Records for the task:
►
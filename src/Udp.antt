-- ===== src/Udp.antt =====
-- src/udp_utils.rs: throwing away what a UDP socket has received before it is lent again.
pub mod Clearing
pub mod Tests
use netconnpool_rust.Base.{
  ℕ, zero, suc, Bool, true, false, not, ◌&&◌, ◌+◌, List, [], ◌∷◌, Outcome, ok, err, ◌>>=◌, leb,
  ◌==◌, if◌then◌else◌,
}
use netconnpool_rust.Errors.{IoError}
use netconnpool_rust.Net.{Socket, Received, packet, failed, set_nonblocking}

-- The loop: at most `rounds` calls of `recv`, of which `n` are done. It ends early when the time is
-- over, when nothing is left (`WouldBlock`) and at any other error. The result is what is left.
unfoldable pub clear_rounds :
    (elapsed : ℕ → ℕ) (timeout rounds n : ℕ) → List Received → List Received
clear_rounds elapsed timeout zero n incoming = incoming
clear_rounds elapsed timeout (suc rounds) n [] = []
clear_rounds elapsed timeout (suc rounds) n (failed e ∷ rest) =
    if not (timeout == 0) && leb timeout (elapsed n) then failed e ∷ rest else rest
clear_rounds elapsed timeout (suc rounds) n (packet size ∷ rest) =
    let next = clear_rounds elapsed timeout rounds (n + 1) rest in
    if not (timeout == 0) && leb timeout (elapsed n) then packet size ∷ rest else next

-- The state of the socket after the call, which an error leaves as it is then, and the result.
unfoldable pub clear_udp_read_buffer :
    (elapsed : ℕ → ℕ) → Socket → (timeout max_packets : ℕ) → Socket × Outcome (Unit {0}) IoError
clear_udp_read_buffer elapsed socket timeout max_packets = elim (set_nonblocking true socket) [
  | err e ↦ (socket, err e)
  | ok opened ↦
      let max : ℕ = if max_packets == 0 then 100 else max_packets in
      let cleared : Socket = record opened {
        incoming = clear_rounds elapsed timeout max 0 opened.incoming;
      } in
      elim (set_nonblocking false cleared) [ err e ↦ (cleared, err e) | ok s ↦ (s, ok tt) ]
]

-- `peek`: whether the next `recv` would succeed.
peeks : List Received → Bool
peeks (packet _ ∷ _) = true
peeks _ = false

abbrev or_same : Socket → Outcome Socket IoError → Socket
or_same _ (ok s) = s
or_same s (err _) = s

-- `has_udp_data_in_buffer`. Where the mode cannot be set, a `peek` that waits is taken as one that
-- finds nothing.
unfoldable pub has_udp_data_in_buffer : Socket → Socket × Bool
unfolding peeks
has_udp_data_in_buffer socket =
    let opened = or_same socket (set_nonblocking true socket) in
    (or_same opened (set_nonblocking false opened), peeks opened.incoming)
◄
Goal of the exercise:
Only those lines of the entries above that run from the line containing "unfoldable pub clear_udp_read_buffer" to the line containing "-- finds nothing.", both included, should be transcribed exactly.

Response:
unfoldable pub clear_udp_read_buffer :
    (elapsed : ℕ → ℕ) → Socket → (timeout max_packets : ℕ) → Socket × Outcome (Unit {0}) IoError
clear_udp_read_buffer elapsed socket timeout max_packets = elim (set_nonblocking true socket) [
  | err e ↦ (socket, err e)
  | ok opened ↦
      let max : ℕ = if max_packets == 0 then 100 else max_packets in
      let cleared : Socket = record opened {
        incoming = clear_rounds elapsed timeout max 0 opened.incoming;
      } in
      elim (set_nonblocking false cleared) [ err e ↦ (cleared, err e) | ok s ↦ (s, ok tt) ]
]

-- `peek`: whether the next `recv` would succeed.
peeks : List Received → Bool
peeks (packet _ ∷ _) = true
peeks _ = false

abbrev or_same : Socket → Outcome Socket IoError → Socket
or_same _ (ok s) = s
or_same s (err _) = s

-- `has_udp_data_in_buffer`. Where the mode cannot be set, a `peek` that waits is taken as one that
-- finds nothing.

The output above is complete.